**WHAT TO DO**:
Begin at the line below that has "(e, receive) set" and stop after the line that has "(λ t. (fill_dependent-Lasts". Please restate only those lines, word for word.

[Collected data entries]
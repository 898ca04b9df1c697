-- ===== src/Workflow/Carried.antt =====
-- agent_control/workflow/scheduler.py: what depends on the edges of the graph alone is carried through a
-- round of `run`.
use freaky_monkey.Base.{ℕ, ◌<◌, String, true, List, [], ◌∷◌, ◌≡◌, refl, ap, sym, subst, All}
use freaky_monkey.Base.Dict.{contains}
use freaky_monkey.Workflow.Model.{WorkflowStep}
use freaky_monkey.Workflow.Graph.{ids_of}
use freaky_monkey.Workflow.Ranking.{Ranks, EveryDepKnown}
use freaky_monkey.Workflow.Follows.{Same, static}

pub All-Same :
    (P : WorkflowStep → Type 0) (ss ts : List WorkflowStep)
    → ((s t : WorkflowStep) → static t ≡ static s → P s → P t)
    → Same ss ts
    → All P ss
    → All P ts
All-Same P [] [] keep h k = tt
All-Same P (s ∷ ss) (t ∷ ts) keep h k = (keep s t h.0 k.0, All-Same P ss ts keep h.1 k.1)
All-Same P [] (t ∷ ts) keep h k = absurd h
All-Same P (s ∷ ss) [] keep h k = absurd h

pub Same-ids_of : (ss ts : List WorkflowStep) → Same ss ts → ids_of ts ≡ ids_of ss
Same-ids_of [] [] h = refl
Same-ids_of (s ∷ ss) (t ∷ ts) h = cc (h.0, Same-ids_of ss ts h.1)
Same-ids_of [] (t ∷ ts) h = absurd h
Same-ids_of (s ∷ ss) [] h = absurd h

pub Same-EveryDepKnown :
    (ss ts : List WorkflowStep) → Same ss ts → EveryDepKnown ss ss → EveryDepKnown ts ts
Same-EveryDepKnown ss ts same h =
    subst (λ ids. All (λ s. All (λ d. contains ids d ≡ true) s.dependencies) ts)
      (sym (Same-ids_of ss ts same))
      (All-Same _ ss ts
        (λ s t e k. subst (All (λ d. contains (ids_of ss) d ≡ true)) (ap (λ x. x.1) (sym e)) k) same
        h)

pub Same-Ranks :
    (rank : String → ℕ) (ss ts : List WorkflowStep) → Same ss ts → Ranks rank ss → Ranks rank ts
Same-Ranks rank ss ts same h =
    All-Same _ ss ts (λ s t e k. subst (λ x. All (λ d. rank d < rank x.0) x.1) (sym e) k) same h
---
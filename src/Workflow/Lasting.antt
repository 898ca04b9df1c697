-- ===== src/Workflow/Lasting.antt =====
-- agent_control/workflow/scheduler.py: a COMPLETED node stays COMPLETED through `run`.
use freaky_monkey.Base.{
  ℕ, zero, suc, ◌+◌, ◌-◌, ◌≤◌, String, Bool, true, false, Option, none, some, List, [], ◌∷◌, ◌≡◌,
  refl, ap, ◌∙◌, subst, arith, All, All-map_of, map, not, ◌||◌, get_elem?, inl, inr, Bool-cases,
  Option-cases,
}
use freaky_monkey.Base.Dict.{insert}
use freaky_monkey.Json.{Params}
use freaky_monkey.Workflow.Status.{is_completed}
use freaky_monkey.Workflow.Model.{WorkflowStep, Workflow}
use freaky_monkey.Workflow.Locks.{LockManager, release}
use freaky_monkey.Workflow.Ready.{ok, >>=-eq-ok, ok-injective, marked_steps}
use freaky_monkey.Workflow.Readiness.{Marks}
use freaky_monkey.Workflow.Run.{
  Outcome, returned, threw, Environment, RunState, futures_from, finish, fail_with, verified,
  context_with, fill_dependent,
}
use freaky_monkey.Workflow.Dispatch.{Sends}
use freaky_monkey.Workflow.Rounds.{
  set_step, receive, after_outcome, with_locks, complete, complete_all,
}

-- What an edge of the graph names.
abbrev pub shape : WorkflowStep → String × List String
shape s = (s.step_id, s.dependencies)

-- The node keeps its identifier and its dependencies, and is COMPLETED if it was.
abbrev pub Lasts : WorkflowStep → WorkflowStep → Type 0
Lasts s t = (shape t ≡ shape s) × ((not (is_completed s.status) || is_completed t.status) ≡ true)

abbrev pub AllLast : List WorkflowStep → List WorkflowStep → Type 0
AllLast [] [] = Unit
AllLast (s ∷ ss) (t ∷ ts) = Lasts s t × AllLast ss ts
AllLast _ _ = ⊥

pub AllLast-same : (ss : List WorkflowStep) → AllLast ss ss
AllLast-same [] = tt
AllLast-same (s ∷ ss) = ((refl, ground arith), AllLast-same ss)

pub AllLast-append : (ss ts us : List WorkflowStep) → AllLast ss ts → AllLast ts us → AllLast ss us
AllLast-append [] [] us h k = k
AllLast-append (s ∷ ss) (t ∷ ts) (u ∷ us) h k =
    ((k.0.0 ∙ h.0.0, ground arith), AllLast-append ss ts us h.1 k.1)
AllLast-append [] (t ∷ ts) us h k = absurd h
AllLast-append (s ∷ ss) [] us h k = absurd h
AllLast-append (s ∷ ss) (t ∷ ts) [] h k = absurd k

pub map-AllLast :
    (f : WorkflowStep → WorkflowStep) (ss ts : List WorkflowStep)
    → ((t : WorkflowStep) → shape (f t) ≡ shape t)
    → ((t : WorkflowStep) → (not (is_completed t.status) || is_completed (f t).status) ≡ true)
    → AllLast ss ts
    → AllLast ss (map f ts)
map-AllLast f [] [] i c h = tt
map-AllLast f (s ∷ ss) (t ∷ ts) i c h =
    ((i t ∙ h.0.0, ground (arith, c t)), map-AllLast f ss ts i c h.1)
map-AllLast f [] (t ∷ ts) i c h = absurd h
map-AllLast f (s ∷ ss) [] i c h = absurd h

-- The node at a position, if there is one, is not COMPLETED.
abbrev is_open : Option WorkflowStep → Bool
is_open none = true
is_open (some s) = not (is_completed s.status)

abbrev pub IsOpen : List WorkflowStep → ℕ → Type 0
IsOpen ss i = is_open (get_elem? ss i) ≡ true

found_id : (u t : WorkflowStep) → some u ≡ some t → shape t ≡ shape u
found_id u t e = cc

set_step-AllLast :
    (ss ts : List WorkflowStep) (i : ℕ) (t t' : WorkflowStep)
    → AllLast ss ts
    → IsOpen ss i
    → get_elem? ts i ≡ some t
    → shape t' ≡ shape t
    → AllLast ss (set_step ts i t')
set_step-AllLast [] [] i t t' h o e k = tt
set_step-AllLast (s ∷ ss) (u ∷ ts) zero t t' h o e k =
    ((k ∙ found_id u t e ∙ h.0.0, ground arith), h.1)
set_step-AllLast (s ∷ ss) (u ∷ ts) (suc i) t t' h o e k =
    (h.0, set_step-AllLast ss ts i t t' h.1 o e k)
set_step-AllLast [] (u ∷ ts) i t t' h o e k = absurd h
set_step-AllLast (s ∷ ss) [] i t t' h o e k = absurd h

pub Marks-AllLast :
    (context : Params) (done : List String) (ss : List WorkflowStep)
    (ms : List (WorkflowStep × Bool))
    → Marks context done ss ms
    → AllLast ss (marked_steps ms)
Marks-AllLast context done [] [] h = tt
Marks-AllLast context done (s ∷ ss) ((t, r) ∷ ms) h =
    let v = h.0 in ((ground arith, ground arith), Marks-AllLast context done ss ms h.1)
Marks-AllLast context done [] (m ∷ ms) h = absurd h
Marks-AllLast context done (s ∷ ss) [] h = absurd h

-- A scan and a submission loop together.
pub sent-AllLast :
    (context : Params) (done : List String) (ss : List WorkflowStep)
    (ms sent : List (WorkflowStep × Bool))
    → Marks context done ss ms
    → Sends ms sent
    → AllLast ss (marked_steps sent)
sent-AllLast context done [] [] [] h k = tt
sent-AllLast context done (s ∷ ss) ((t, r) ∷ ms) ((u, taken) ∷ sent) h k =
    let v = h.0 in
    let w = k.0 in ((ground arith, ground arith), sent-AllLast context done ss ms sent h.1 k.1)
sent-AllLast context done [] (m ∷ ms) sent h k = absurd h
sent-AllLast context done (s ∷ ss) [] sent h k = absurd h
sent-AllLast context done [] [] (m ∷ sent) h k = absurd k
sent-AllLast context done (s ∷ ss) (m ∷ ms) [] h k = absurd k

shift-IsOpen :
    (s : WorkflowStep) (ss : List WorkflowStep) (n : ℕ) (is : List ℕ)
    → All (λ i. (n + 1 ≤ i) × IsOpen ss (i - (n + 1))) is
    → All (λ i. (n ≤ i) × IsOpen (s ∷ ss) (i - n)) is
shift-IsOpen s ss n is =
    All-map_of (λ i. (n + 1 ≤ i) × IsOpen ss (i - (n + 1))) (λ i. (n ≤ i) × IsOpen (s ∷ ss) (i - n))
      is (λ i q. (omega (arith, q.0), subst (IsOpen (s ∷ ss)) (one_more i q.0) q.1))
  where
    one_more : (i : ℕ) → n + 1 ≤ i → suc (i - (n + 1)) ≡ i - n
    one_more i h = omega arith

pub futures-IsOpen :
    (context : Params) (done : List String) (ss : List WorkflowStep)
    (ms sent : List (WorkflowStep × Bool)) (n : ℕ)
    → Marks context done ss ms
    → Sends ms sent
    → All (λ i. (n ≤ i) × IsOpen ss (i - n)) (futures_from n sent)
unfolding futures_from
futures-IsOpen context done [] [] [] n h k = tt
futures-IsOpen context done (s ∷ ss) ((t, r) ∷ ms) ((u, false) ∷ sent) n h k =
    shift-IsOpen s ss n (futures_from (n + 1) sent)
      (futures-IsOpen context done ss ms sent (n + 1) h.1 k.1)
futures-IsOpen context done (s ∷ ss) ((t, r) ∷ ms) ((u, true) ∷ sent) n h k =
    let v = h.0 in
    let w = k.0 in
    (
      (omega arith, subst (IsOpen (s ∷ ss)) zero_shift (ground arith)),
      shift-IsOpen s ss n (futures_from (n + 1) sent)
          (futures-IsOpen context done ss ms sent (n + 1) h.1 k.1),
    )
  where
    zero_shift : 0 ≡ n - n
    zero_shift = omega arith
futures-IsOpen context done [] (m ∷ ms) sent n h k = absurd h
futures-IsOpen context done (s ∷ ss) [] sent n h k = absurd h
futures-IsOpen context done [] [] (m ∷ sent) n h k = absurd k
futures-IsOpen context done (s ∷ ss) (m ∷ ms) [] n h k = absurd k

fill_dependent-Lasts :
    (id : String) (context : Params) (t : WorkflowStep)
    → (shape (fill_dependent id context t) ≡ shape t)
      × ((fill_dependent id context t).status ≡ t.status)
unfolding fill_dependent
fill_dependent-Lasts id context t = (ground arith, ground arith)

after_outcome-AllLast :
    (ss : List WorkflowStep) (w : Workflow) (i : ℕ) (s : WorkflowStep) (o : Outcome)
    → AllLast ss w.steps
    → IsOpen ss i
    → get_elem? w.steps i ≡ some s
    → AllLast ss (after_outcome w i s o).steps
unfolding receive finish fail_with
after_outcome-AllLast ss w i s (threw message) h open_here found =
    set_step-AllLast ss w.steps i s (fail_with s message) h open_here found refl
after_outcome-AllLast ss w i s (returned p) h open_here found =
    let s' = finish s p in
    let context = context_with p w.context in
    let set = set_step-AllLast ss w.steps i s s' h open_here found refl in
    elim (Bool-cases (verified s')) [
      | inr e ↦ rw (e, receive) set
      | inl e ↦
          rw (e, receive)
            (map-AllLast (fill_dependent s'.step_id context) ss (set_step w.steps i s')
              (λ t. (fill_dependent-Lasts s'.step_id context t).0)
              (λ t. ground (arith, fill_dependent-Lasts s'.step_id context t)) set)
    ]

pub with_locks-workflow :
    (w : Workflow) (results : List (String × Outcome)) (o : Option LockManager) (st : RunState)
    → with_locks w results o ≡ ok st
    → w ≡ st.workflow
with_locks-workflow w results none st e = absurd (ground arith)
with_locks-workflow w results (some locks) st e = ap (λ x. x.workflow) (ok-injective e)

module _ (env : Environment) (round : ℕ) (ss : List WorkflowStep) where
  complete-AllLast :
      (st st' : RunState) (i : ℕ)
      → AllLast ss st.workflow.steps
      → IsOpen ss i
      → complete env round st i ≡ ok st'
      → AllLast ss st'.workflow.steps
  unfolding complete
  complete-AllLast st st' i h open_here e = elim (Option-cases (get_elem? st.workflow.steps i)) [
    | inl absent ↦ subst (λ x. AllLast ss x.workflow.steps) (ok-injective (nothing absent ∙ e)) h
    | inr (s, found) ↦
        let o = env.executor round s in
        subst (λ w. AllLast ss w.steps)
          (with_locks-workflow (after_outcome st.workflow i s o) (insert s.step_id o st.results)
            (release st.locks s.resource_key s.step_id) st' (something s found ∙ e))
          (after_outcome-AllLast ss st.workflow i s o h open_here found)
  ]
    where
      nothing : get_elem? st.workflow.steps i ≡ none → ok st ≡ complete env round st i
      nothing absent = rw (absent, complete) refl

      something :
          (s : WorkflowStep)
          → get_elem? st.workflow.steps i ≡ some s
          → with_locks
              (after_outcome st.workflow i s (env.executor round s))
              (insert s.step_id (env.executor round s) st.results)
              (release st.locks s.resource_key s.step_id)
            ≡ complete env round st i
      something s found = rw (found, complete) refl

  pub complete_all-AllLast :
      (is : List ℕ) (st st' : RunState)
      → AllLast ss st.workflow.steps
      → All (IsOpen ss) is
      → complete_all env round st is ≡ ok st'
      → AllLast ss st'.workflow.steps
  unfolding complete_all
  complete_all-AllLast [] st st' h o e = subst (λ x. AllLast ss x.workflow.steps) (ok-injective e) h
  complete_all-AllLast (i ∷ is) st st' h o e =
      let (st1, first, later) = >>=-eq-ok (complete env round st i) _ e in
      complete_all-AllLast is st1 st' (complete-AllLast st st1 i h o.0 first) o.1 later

**COMPLETED TASK**:
      | inr e ↦ rw (e, receive) set
      | inl e ↦
          rw (e, receive)
            (map-AllLast (fill_dependent s'.step_id context) ss (set_step w.steps i s')
              (λ t. (fill_dependent-Lasts s'.step_id context t).0)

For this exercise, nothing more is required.